▶ **Description of the task**
Copy every line from the records that holds the word "empty".
--------------------------------
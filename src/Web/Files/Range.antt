-- ===== src/Web/Files/Range.antt =====
-- internal/web/server.go: the ranges that `sendFile` serves, whatever the headers are.
use logfalcon.Prelude.{
  leb-false, ℕ, zero, suc, ◌+◌, ◌-◌, ◌^◌, ◌≤◌, ◌<◌, ◌≡◌, refl, ap, ◌⊎◌, inl, inr, false, not, ◌||◌,
  Option, none, some, List, [], ◌∷◌, arith, ◌==◌, ltb, leb, on_if, Bool, Bool-cases, true, bytes_eq,
  bytes_eq_sound, length, take, drop, All,
}
use logfalcon.Prelude.Ints.{ℤ, pos, negsuc, int_leb, int_ltb, pred_int}
use logfalcon.Web.Text.{has_prefix, cut, parse_int, signed, magnitude}
use logfalcon.Web.Stream.{Transfer, stream_chunked}
use logfalcon.Web.Stream.Complete.{stream_chunked-Ends}
use logfalcon.Web.Files.{
  Served, satisfied, unsatisfied, Body, empty, page, streamed, Reply, Asked, whole, refused,
  from_to, bytes_unit, first_byte, last_byte, clamped, in_size, both_bytes, asked_spec, asked,
  minus, range_length, opened, stream_from, reply_asked, bodiless, send_file,
}

-- `sep` does not occur.
abbrev pub Lacks : ℕ → List ℕ → Type 0
Lacks sep = All (λ c. (c == sep) ≡ false)

-- What stands before the first `sep` has none.
abbrev CutWell : ℕ → Option (List ℕ × List ℕ) → Type 0
CutWell sep none = Unit {0}
CutWell sep (some (before, after)) = Lacks sep before

cut_well : (sep : ℕ) (s : List ℕ) → CutWell sep (cut sep s)
unfolding cut
cut_well sep [] = tt
cut_well sep (c ∷ s) =
    on_if (CutWell sep) (c == sep) _ _ (λ e. tt) (λ e. longer (cut sep s) e (cut_well sep s))
  where
    longer :
        (r : Option (List ℕ × List ℕ))
        → (c == sep) ≡ false
        → CutWell sep r
        → CutWell sep (elim r [ none ↦ none | some (before, after) ↦ some (c ∷ before, after) ])
    longer none e h = tt
    longer (some (before, after)) e h = (e, h)

-- A number that is not negative, if it is one.
abbrev IsNatural : Option ℤ → Type 0
IsNatural none = Unit {0}
IsNatural (some (pos n)) = Unit {0}
IsNatural (some (negsuc n)) = ⊥

unsigned_IsNatural : (n : Option ℕ) → IsNatural (signed false n)
unfolding signed
unsigned_IsNatural none = tt
unsigned_IsNatural (some n) = on_if IsNatural (ltb n (2 ^ 63)) _ _ (λ _. tt) (λ _. tt)

first_byte-IsNatural : (s : List ℕ) → Lacks b'-' s → IsNatural (first_byte s)
unfolding first_byte parse_int
first_byte-IsNatural [] h = tt
first_byte-IsNatural (c ∷ s) h = rw h.0 (
    on_if IsNatural (c == b'+') _ _ (λ _. unsigned_IsNatural (magnitude s))
      (λ _. unsigned_IsNatural (magnitude (c ∷ s))))

-- What is asked for lies in the file.
pub data IsInside (size : ℕ) : Asked → Type 0 where
  all_of_it : IsInside size whole
  nothing : IsInside size refused
  inside :
      (start end : ℕ) → start ≤ end → end < size → IsInside size (from_to (pos start) (pos end))

in_size-IsInside :
    (size start : ℕ) (end : ℤ)
    → int_leb (pos size) end ≡ false
    → IsInside size (in_size size (pos start) end)
unfolding in_size int_ltb int_leb
in_size-IsInside size start (pos end) h =
    on_if (IsInside size) (ltb end start || leb size start) _ _ (λ _. nothing)
      (λ e. inside start end (in_bounds e) (leb-false size end h))
  where
    in_bounds : (ltb end start || leb size start) ≡ false → start ≤ end
    in_bounds e = ground arith
in_size-IsInside size start (negsuc end) h = nothing

clamped_small : (size : ℕ) (end : ℤ) → int_leb (pos size) (clamped size end) ≡ false
unfolding clamped int_leb pred_int
clamped_small size end =
    on_if (λ e. int_leb (pos size) e ≡ false) (int_leb (pos size) end) (pred_int size) end
      (λ _. pred_small size) (λ h. h)
  where
    pred_small : (n : ℕ) → int_leb (pos n) (pred_int n) ≡ false
    pred_small zero = refl
    pred_small (suc n) = ground arith

both_bytes-IsInside :
    (size : ℕ) (start end : Option ℤ) → IsNatural start → IsInside size (both_bytes size start end)
unfolding both_bytes
both_bytes-IsInside size none end h = nothing
both_bytes-IsInside size (some start) none h = nothing
both_bytes-IsInside size (some (pos start)) (some end) h =
    in_size-IsInside size start (clamped size end) (clamped_small size end)
both_bytes-IsInside size (some (negsuc start)) (some end) h = absurd h

asked_spec-IsInside :
    (size : ℕ) (parts : Option (List ℕ × List ℕ))
    → CutWell b'-' parts
    → IsInside size (asked_spec size parts)
unfolding asked_spec
asked_spec-IsInside size none h = all_of_it
asked_spec-IsInside size (some (before, after)) h =
    both_bytes-IsInside size (first_byte before) (last_byte size after)
      (first_byte-IsNatural before h)

asked-IsInside : (size : ℕ) (range_header : List ℕ) → IsInside size (asked size range_header)
unfolding asked
asked-IsInside size range_header =
    on_if (IsInside size) (has_prefix range_header bytes_unit) _ _
      (λ _. asked_spec-IsInside size _ (cut_well b'-' (drop 6 range_header))) (λ _. all_of_it)

-- A body that is the bytes of the file from `start` on, at most `limit` of them and maybe cut short; none
-- where `Seek` fails.
abbrev pub IsPart : Served → ℕ → ℕ → Body → Type 0
IsPart f start limit body =
    ((body ≡ empty) × (f.seek_good ≡ false))
    ⊎ ((t : Transfer) × (k : ℕ) × ((body ≡ streamed (some t))
          × ((k ≤ limit) × (t.sent ≡ take k (drop start f.bytes)))))

-- A response that tells the truth: none of the file, with the status that says why; all of it under its
-- length; or a range that lies in the file, under its length and its place.
pub data IsHonest (f : Served) (if_none_match range_header : List ℕ) : Reply → Type 0 where
  not_there : f.stat_good ≡ false → IsHonest f if_none_match range_header (bodiless 404 page)
  not_modified : if_none_match ≡ f.etag → IsHonest f if_none_match range_header (bodiless 304 empty)
  not_opened : f.open_good ≡ false → IsHonest f if_none_match range_header (bodiless 500 page)
  unsatisfiable :
      has_prefix range_header bytes_unit ≡ true
      → IsHonest f if_none_match range_header (record {
        status = 416;
        content_length = none;
        content_range = some (unsatisfied (length f.bytes));
        body = empty;
      })
  full :
      (body : Body)
      → IsPart f 0 (length f.bytes) body
      → IsHonest f if_none_match range_header (record {
        status = 200;
        content_length = some (pos (length f.bytes));
        content_range = none;
        body = body;
      })
  partial :
      (start end : ℕ) (body : Body)
      → start ≤ end
      → end < length f.bytes
      → IsPart f start (end + 1 - start) body
      → IsHonest f if_none_match range_header (record {
        status = 206;
        content_length = some (pos (end + 1 - start));
        content_range = some (satisfied (pos start) (pos end) (length f.bytes));
        body = body;
      })

streamed_IsPart :
    (f : Served) (start limit : ℕ)
    → IsPart f start limit (streamed (stream_chunked limit (opened f start)))
streamed_IsPart f start limit =
    let (t, (e, s)) = stream_chunked-Ends limit (opened f start) in
    inr (t, s.count, (ap streamed e, (s.within, s.in_order)))

stream_from-IsPart :
    (f : Served) (start limit : ℕ) → IsPart f start limit (stream_from f (pos start) (pos limit))
unfolding stream_from
stream_from-IsPart f start limit =
    on_if (IsPart f start limit) f.seek_good _ _ (λ _. streamed_IsPart f start limit)
      (λ e. inl (refl, e))

pub minus_le : (m n : ℕ) → n ≤ m → minus m n ≡ pos (m - n)
unfolding minus
minus_le m n h = ground arith

reply_asked-IsHonest :
    (f : Served) (if_none_match range_header : List ℕ) (a : Asked)
    → IsInside (length f.bytes) a
    → (a ≡ refused → has_prefix range_header bytes_unit ≡ true)
    → IsHonest f if_none_match range_header (reply_asked f a)
unfolding reply_asked range_length
reply_asked-IsHonest f m h _ all_of_it p = full _ (streamed_IsPart f 0 (length f.bytes))
reply_asked-IsHonest f m h _ nothing p = unsatisfiable (p refl)
reply_asked-IsHonest f m h _ (inside start end le lt) p =
    rw (minus_le (end + 1) start (omega arith))
      (partial start end _ le lt (stream_from-IsPart f start (end + 1 - start)))

not-true : (b : Bool) → not b ≡ true → b ≡ false
not-true b h = ground arith

-- Only a header of a range of bytes is refused.
refused_range :
    (size : ℕ) (range_header : List ℕ)
    → asked size range_header ≡ refused
    → has_prefix range_header bytes_unit ≡ true
unfolding asked
refused_range size range_header h = elim (Bool-cases (has_prefix range_header bytes_unit)) [
  | inl e ↦ e
  | inr e ↦ absurd (cc (rw e at h))
]

-- `sendFile` answers every request with a response that tells the truth: no part of the file with the
-- status 404 where there is none, 304 where the client has it, 500 where it cannot be opened, and 416 with
-- its size where a range of bytes was asked for; with the status 200 the file, and with 206 the range named
-- in Content-Range, which lies in the file, is not empty and has the length in Content-Length. What is sent
-- are the bytes of that range in their order, maybe cut short by an error.
pub send_file-IsHonest :
    (f : Served) (if_none_match range_header : List ℕ)
    → IsHonest f if_none_match range_header (send_file f if_none_match range_header)
unfolding send_file
send_file-IsHonest f if_none_match range_header =
    on_if (IsHonest f if_none_match range_header) (not f.stat_good) _ _
      (λ e. not_there (not-true f.stat_good e))
      (λ _.
        on_if (IsHonest f if_none_match range_header) (bytes_eq if_none_match f.etag) _ _
          (λ e. not_modified (bytes_eq_sound if_none_match f.etag e))
          (λ _.
            on_if (IsHonest f if_none_match range_header) (not f.open_good) _ _
              (λ e. not_opened (not-true f.open_good e))
              (λ _.
                reply_asked-IsHonest f if_none_match range_header _
                  (asked-IsInside (length f.bytes) range_header)
                  (refused_range (length f.bytes) range_header))))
--------------------------------
▶ **Exercise result**
  Served, satisfied, unsatisfied, Body, empty, page, streamed, Reply, Asked, whole, refused,
    ((body ≡ empty) × (f.seek_good ≡ false))
  not_modified : if_none_match ≡ f.etag → IsHonest f if_none_match range_header (bodiless 304 empty)
        body = empty;
-- in Content-Range, which lies in the file, is not empty and has the length in Content-Length. What is sent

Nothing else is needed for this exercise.